When a potentially causal effect of ADHD on a health outcome was detected, we investigated possible bidirectional effects by repeating the 2-sample MR analyses using independent genetic variants for the relevant physical outcomes as the exposure (childhood obesity, P < 1 ×10−6 (22); and CAD, P < 5 ×10−8 (23)) and ADHD as the outcome. Steiger filtering for SNPs was also used to examine whether the instrument SNPs were better predictors of the outcome rather than the exposure, which could indicate reverse causation (38).

Investigating possible mediators of the association between ADHD and physical health outcomes

Multivariable MR (MVMR) analyses were conducted to assess 2 potential mediators of the association between ADHD and CAD: childhood obesity (22) and lifetime smoking heaviness (39) on CAD. MVMR is an extension of MR that can be used to estimate the causal effects of multiple exposures on 1 outcome simultaneously and requires an additional assumption that each instrument must be conditionally independent of the outcome given all exposures and confounders. MVMR is explained in more detail elsewhere (40).

All steps of the 2-sample MR we performed are summarized in Figure 1. Analyses were conducted using the TwoSampleMR package, version 0.4.14, for R, version 3.4.1.

RESULTS

Investigating the causal role of ADHD on physical health outcomes

MR results using the IVW approach are shown in Table 1. There was evidence of a causal effect of ADHD on childhood obesity (odds ratio (OR) =1.29 per log odds increase in ADHD genetic liability, 95% confidence interval (CI): 1.02, 1.63) and CAD (OR = 1.11 per log odds increase in ADHD genetic liability, 95% CI: 1.03, 1.19) using IVW. Both the weighted median estimator and MR-Egger regression showed effects consistently in the same direction as IVW, although with wider confidence intervals, as expected (Figure 2, Web Table 4).

Table 1

Two-Sample Mendelian Randomization for Attention-Deficit/Hyperactivity Disorder and Physical Health Outcomes, Using Inverse Variant Weighting

Disease	No. of SNPs	OR a b	95% CI
BMI	10	0.03	−0.01, 0.08
Childhood obesity	9	1.29	1.02, 1.63
Coronary artery disease	11	1.11	1.03, 1.19
Myocardial infarction	11	1.06	0.97, 1.16
Hypertension	11	1.05	0.97, 1.13
Systolic blood pressure	11	−0.01	−0.05, 0.03
Type 2 diabetes mellitus	11	1.09	1.00, 1.20
Migraine	12	0.94	0.84, 1.05
Epilepsy	9	1.01	1.00, 1.02
Rheumatoid arthritis	10	1.02	0.87, 1.19
Inflammatory bowel disease	11	0.99	0.86, 1.15
Allergic rhinitis	11	0.92	0.80, 1.07
Asthma	8	1.16	0.93, 1.45
Eczema	11	0.94	0.82, 1.07
Lung cancer	10	1.10	0.96, 1.27

Abbreviations: BMI, body mass index; CI, confidence interval; OR, odds ratio; SNP, single-nucleotide polymorphism.

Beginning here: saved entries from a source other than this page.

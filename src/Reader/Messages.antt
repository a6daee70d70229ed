-- ===== src/Reader/Messages.antt =====
-- `erf_strerror` of src/libelfr/erf_reader.c. The text for a value outside of the enum is not
-- reachable from it.
use elfrc.Base.{ℕ, List, [], ◌∷◌}
use elfrc.Reader.Outcome.{
  ErfError, erf_ok, bad_magic, unsupported_version, truncated, bad_offset, not_found,
  invalid_argument, no_default_container,
}

unfoldable pub erf_strerror : ErfError → List ℕ
erf_strerror erf_ok = b'o' ∷ b'k' ∷ []
erf_strerror bad_magic =
    b'b' ∷ b'a' ∷ b'd' ∷ b' ' ∷ b'E' ∷ b'R' ∷ b'F' ∷ b' ' ∷ b'm' ∷ b'a' ∷ b'g' ∷ b'i' ∷ b'c' ∷ []
erf_strerror unsupported_version =
    b'u' ∷ b'n' ∷ b's' ∷ b'u' ∷ b'p' ∷ b'p' ∷ b'o' ∷ b'r' ∷ b't' ∷ b'e' ∷ b'd' ∷ b' ' ∷ b'E' ∷ b'R'
    ∷ b'F' ∷ b' ' ∷ b'm' ∷ b'a' ∷ b'j' ∷ b'o' ∷ b'r' ∷ b' ' ∷ b'v' ∷ b'e' ∷ b'r' ∷ b's' ∷ b'i'
    ∷ b'o' ∷ b'n' ∷ []
erf_strerror truncated =
    b'c' ∷ b'o' ∷ b'n' ∷ b't' ∷ b'a' ∷ b'i' ∷ b'n' ∷ b'e' ∷ b'r' ∷ b' ' ∷ b't' ∷ b'r' ∷ b'u' ∷ b'n'
    ∷ b'c' ∷ b'a' ∷ b't' ∷ b'e' ∷ b'd' ∷ b' ' ∷ b'/' ∷ b' ' ∷ b's' ∷ b'm' ∷ b'a' ∷ b'l' ∷ b'l'
    ∷ b'e' ∷ b'r' ∷ b' ' ∷ b't' ∷ b'h' ∷ b'a' ∷ b'n' ∷ b' ' ∷ b'h' ∷ b'e' ∷ b'a' ∷ b'd' ∷ b'e'
    ∷ b'r' ∷ b' ' ∷ b'c' ∷ b'l' ∷ b'a' ∷ b'i' ∷ b'm' ∷ b's' ∷ []
erf_strerror bad_offset =
    b'c' ∷ b'o' ∷ b'n' ∷ b't' ∷ b'a' ∷ b'i' ∷ b'n' ∷ b'e' ∷ b'r' ∷ b' ' ∷ b'h' ∷ b'a' ∷ b's' ∷ b' '
    ∷ b'a' ∷ b'n' ∷ b' ' ∷ b'o' ∷ b'u' ∷ b't' ∷ b'-' ∷ b'o' ∷ b'f' ∷ b'-' ∷ b'b' ∷ b'o' ∷ b'u'
    ∷ b'n' ∷ b'd' ∷ b's' ∷ b' ' ∷ b'o' ∷ b'f' ∷ b'f' ∷ b's' ∷ b'e' ∷ b't' ∷ b' ' ∷ b'o' ∷ b'r'
    ∷ b' ' ∷ b's' ∷ b'i' ∷ b'z' ∷ b'e' ∷ []
erf_strerror not_found =
    b'r' ∷ b'e' ∷ b's' ∷ b'o' ∷ b'u' ∷ b'r' ∷ b'c' ∷ b'e' ∷ b' ' ∷ b'n' ∷ b'o' ∷ b't' ∷ b' ' ∷ b'f'
    ∷ b'o' ∷ b'u' ∷ b'n' ∷ b'd' ∷ []
erf_strerror invalid_argument =
    b'i' ∷ b'n' ∷ b'v' ∷ b'a' ∷ b'l' ∷ b'i' ∷ b'd' ∷ b' ' ∷ b'a' ∷ b'r' ∷ b'g' ∷ b'u' ∷ b'm' ∷ b'e'
    ∷ b'n' ∷ b't' ∷ []
erf_strerror no_default_container =
    b'n' ∷ b'o' ∷ b' ' ∷ b'd' ∷ b'e' ∷ b'f' ∷ b'a' ∷ b'u' ∷ b'l' ∷ b't' ∷ b' ' ∷ b'.' ∷ b'r' ∷ b'e'
    ∷ b's' ∷ b'o' ∷ b'u' ∷ b'r' ∷ b'c' ∷ b'e' ∷ b' ' ∷ b'o' ∷ b'b' ∷ b'j' ∷ b'e' ∷ b'c' ∷ b't'
    ∷ b' ' ∷ b'l' ∷ b'i' ∷ b'n' ∷ b'k' ∷ b'e' ∷ b'd' ∷ b' ' ∷ b'i' ∷ b'n' ∷ b't' ∷ b'o' ∷ b' '
    ∷ b't' ∷ b'h' ∷ b'i' ∷ b's' ∷ b' ' ∷ b'b' ∷ b'i' ∷ b'n' ∷ b'a' ∷ b'r' ∷ b'y' ∷ []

a Odds ratios for binary outcomes are to be interpreted as a change in the log odds ratio of the outcome per unit increase in the log odds ratio of ADHD.

b β Values are reported for the continuous outcomes BMI and systolic blood pressure.

Figure 2

Effect estimates of single variants for attention-deficit hyperactivity disorder on A) childhood obesity and B) coronary artery disease, using inverse variant weighted regression (IVW), weighted median, and MR-Egger approaches. Estimates are shown as odds ratios (ORs) ± 95% confidence intervals (CIs). SNP, single-nucleotide polymorphism.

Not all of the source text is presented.